>>>>>

-- ===== src/Blackhawk.antt =====
-- Gift cards that are bought from Blackhawk: kinappserver/blackhawk.py, and the cards, credentials
-- and offers of kinappserver/models/blackhawk_card.py, blackhawk_creds.py and blackhawk_offer.py.
-- Blackhawk's HTTP interface is outside: what it answers in one run of the cron job is a parameter,
-- None where a request fails. Of the balance there is none where the request raises, and `some
-- none` where the answer has none. Ids of cards, orders and offers are opaque numbers.
pub mod Track
pub mod Lost
pub mod Replenish
mod Tests
use kin_app_server.Common.{
  ℕ, zero, suc, ◌+◌, ◌-◌, ◌*◌, String, Bool, true, false, not, ◌&&◌, ◌||◌, Option, none, some, List,
  [], ◌∷◌, ◌++◌, map, ltb, ◌==◌, str_eq, if◌then◌else◌, is_none,
}
use kin_app_server.Common.Int.{ℤ, ltb_ℤ}
use kin_app_server.Common.Table.{count_rows, first_row, select_rows, update_first}
use kin_app_server.Action.{Action, Result, ok, err, uncaught, internal_error, ◌>>=◌, ◌>>◌, pure}
use kin_app_server.Account.{get, put}
use kin_app_server.Shop.{Shop, second}
use kin_app_server.Shop.Goods.{create_good, Stock, list_inventory}

pub record BlackhawkCard : Type 0 where
  pub card_id : ℕ
  pub order_id : ℕ
  pub processed : Bool
  pub merchant_code : String
  pub denomination : ℕ

pub record BlackhawkOffer : Type 0 where
  pub offer_id : ℕ
  pub merchant_code : String
  pub merchant_template_id : String
  pub batch_size : ℕ
  pub denomination : ℕ
  pub minimum_threshold : ℕ

pub record BlackhawkCreds : Type 0 where
  pub token : Option ℕ
  pub token_generation_time : ℕ

-- The tables, and the orders that were started at Blackhawk, the last one first.
pub record Vault : Type 0 where
  pub shop : Shop
  pub cards : List BlackhawkCard
  pub bh_offers : List BlackhawkOffer
  pub creds : BlackhawkCreds
  pub started : List ℕ

pub data Status : Type 0 where
  incomplete cancelled processed_order other_status : Status

-- What Blackhawk says of a card: its code with the PIN, if there is one.
pub record CardInfo : Type 0 where
  pub id : ℕ
  pub order : ℕ
  pub code : String
  pub merchant_code : String

-- The answers; an order and its cards are those that the request for an offer makes.
pub record Api : Type 0 where
  pub generate_auth_token : Option ℕ
  pub get_order_status : ℕ → Status
  pub egift_get_card : ℕ → Option CardInfo
  pub egift_start_order : ℕ → Option ℕ
  pub egift_add_card : ℕ → ℕ → Option ℕ
  pub account_balance : Option (Option ℤ)

abbrev pub has_card_id : ℕ → BlackhawkCard → Bool
has_card_id id c = c.card_id == id

-- A card that is there already raises.
unfoldable pub create_bh_card : ℕ → ℕ → BlackhawkOffer → Action Vault Bool
create_bh_card card_id order_id o s =
    if count_rows (has_card_id card_id) s.cards == 0
    then (
      ok true,
      record s {
        cards =
            s.cards
            ++ record {
              card_id = card_id;
              order_id = order_id;
              processed = false;
              merchant_code = o.merchant_code;
              denomination = o.denomination;
            }
              ∷ [];
      },
    )
    else (err (internal_error "failed to create a new blackhawk card"), s)

abbrev pub add_to_order : ℕ → ℕ → List (ℕ × List ℕ) → List (ℕ × List ℕ)
add_to_order order card orders = elim (get order orders) [
  | none ↦ put order (card ∷ []) orders
  | some ids ↦ put order (ids ++ card ∷ []) orders
]

-- The unprocessed cards, by their order.
unfoldable pub list_unprocessed_orders : List (ℕ × List ℕ) → List BlackhawkCard → List (ℕ × List ℕ)
list_unprocessed_orders acc [] = acc
list_unprocessed_orders acc (c ∷ cs) =
    list_unprocessed_orders (if c.processed then acc else add_to_order c.order_id c.card_id acc) cs

unfoldable pub set_processed_orders : List ℕ → Vault → Vault
set_processed_orders [] s = s
set_processed_orders (c ∷ cs) s =
    set_processed_orders cs (record s {
      cards = update_first (has_card_id c) (λ x. record x { processed = true }) s.cards;
    })

unfoldable pub merchant_code_to_offer_id : String → List BlackhawkOffer → Option ℕ
merchant_code_to_offer_id code [] = none
merchant_code_to_offer_id code (o ∷ os) =
    let rest = merchant_code_to_offer_id code os in
    if str_eq o.merchant_template_id code || str_eq o.merchant_code code
    then some o.offer_id
    else rest

abbrev pub on_shop : {A : Type 0} → Action Shop A → Action Vault A
on_shop m s = let (r, d) = m s.shop in (r, record s { shop = d })

unfoldable pub create_all : ℕ → BlackhawkOffer → List ℕ → Action Vault (Unit {0})
create_all order o [] s = (ok tt, s)
create_all order o (c ∷ cs) s = (create_bh_card c order o >>= λ _. create_all order o cs) s

abbrev pub stock_of : ℕ → List Stock → Option ℕ
stock_of offer [] = none
stock_of offer (x ∷ xs) = if x.offer == offer then some x.unallocated else stock_of offer xs

abbrev pub max_unprocessed : ℕ
max_unprocessed = 10

module _ (api : Api) (now : ℕ) where
  -- The loop over the cards of a processed order. The answer is `order_id`, which each card that
  -- is had overwrites.
  unfoldable pub add_cards : ℕ → List ℕ → Action Vault ℕ
  unfolding create_good merchant_code_to_offer_id
  add_cards order [] s = (ok order, s)
  add_cards order (c ∷ cs) s = elim (api.egift_get_card c) [
    | none ↦ add_cards order cs s
    | some info ↦
        (on_shop (
              create_good (merchant_code_to_offer_id info.merchant_code s.bh_offers) "code"
                info.code (some info.id) now)
            >>= λ _. add_cards info.order cs)
          s
  ]

  -- What is left unprocessed of one order: 1, or 0.
  unfoldable pub track_order : List (ℕ × List ℕ) → ℕ → List ℕ → Action Vault ℕ
  unfolding add_cards set_processed_orders
  track_order orders order ids s = elim (api.get_order_status order) [
    | incomplete ↦ (ok 0, s)
    | cancelled ↦ (ok 0, s)
    | other_status ↦ (ok 1, s)
    | processed_order ↦
        (add_cards order ids >>= λ key t. elim (get key orders) [
          | none ↦ (err uncaught, t)
          | some cards ↦ (ok 0, set_processed_orders cards t)
        ])
          s
  ]

  unfoldable pub track_all : List (ℕ × List ℕ) → List (ℕ × List ℕ) → Action Vault ℕ
  unfolding track_order
  track_all orders [] s = (ok 0, s)
  track_all orders ((order, ids) ∷ rest) s =
      (track_order orders order ids >>= λ n. track_all orders rest >>= λ m. pure (n + m)) s

  -- None without a token, which is -1.
  unfoldable pub track_orders : Action Vault (Option ℕ)
  unfolding track_all list_unprocessed_orders
  track_orders s = elim s.creds.token [
    | none ↦ (ok none, s)
    | some token ↦
        let orders = list_unprocessed_orders [] s.cards in
        (track_all orders orders >>= λ n. pure (some n)) s
  ]

  -- The cards of an order; none where one of them fails.
  abbrev pub cards_from : ℕ → ℕ → ℕ → Option (List ℕ)
  cards_from order i zero = some []
  cards_from order i (suc n) = elim (api.egift_add_card order i) [
    | none ↦ none
    | some c ↦ elim (cards_from order (i + 1) n) [ none ↦ none | some cs ↦ some (c ∷ cs) ]
  ]

  -- That the order could not be completed is only logged.
  unfoldable pub order_gift_cards : BlackhawkOffer → Action Vault Bool
  unfolding create_all
  order_gift_cards o s = elim s.creds.token [
    | none ↦ (ok false, s)
    | some token ↦ elim (api.egift_start_order o.offer_id) [
      | none ↦ (ok false, s)
      | some order ↦
          let s' : Vault = record s { started = order ∷ s.started } in
          elim (cards_from order 0 o.batch_size) [
            | none ↦ (ok false, s')
            | some cs ↦ (create_all order o cs >>= λ _. pure true) s'
          ]
    ]
  ]

  -- A token is fresh for two days.
  unfoldable pub refresh_bh_auth_token : Bool → Vault → Bool × Vault
  refresh_bh_auth_token force s =
      if not force && ltb now (s.creds.token_generation_time + 172800 * second)
      then (true, s)
      else elim api.generate_auth_token [
        | none ↦ (false, s)
        | some t ↦
            (true, record s { creds = record { token = some t; token_generation_time = now } })
      ]

  -- An offer that the inventory does not have raises. A failed order ends the loop.
  unfoldable pub order_missing : List Stock → List BlackhawkOffer → Action Vault Bool
  unfolding order_gift_cards
  order_missing inventory [] s = (ok true, s)
  order_missing inventory (o ∷ os) s = elim (stock_of o.offer_id inventory) [
    | none ↦ (err uncaught, s)
    | some left ↦ elim (ltb left o.minimum_threshold) [
      | true ↦
          (order_gift_cards o >>= λ placed. elim placed [
            | true ↦ order_missing inventory os
            | false ↦ pure true
          ])
            s
      | false ↦ order_missing inventory os s
    ]
  ]

  unfoldable pub replenish_bh_cards : ℤ → Bool → Action Vault Bool
  unfolding track_orders order_missing list_inventory refresh_bh_auth_token
  replenish_bh_cards critical_balance refresh_creds s =
      let s' = if refresh_creds then (refresh_bh_auth_token false s).1 else s in
      (track_orders >>= λ left t. elim left [
        | none ↦ (ok false, t)
        | some n ↦ if ltb max_unprocessed n then (ok true, t) else elim api.account_balance [
          | none ↦ (ok false, t)
          | some none ↦ (err uncaught, t)
          | some (some balance) ↦
              if ltb_ℤ balance critical_balance
              then (ok false, t)
              else order_missing (list_inventory t.shop) t.bh_offers t
        ]
      ])
        s'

<<<<<

→ WORK REQUIRED:
For each line in the material above that contains the string "Bool", make a copy.

→ YOUR SOLUTION:
  ℕ, zero, suc, ◌+◌, ◌-◌, ◌*◌, String, Bool, true, false, not, ◌&&◌, ◌||◌, Option, none, some, List,
  pub processed : Bool
abbrev pub has_card_id : ℕ → BlackhawkCard → Bool
unfoldable pub create_bh_card : ℕ → ℕ → BlackhawkOffer → Action Vault Bool
  unfoldable pub order_gift_cards : BlackhawkOffer → Action Vault Bool
  unfoldable pub refresh_bh_auth_token : Bool → Vault → Bool × Vault
  unfoldable pub order_missing : List Stock → List BlackhawkOffer → Action Vault Bool
  unfoldable pub replenish_bh_cards : ℤ → Bool → Action Vault Bool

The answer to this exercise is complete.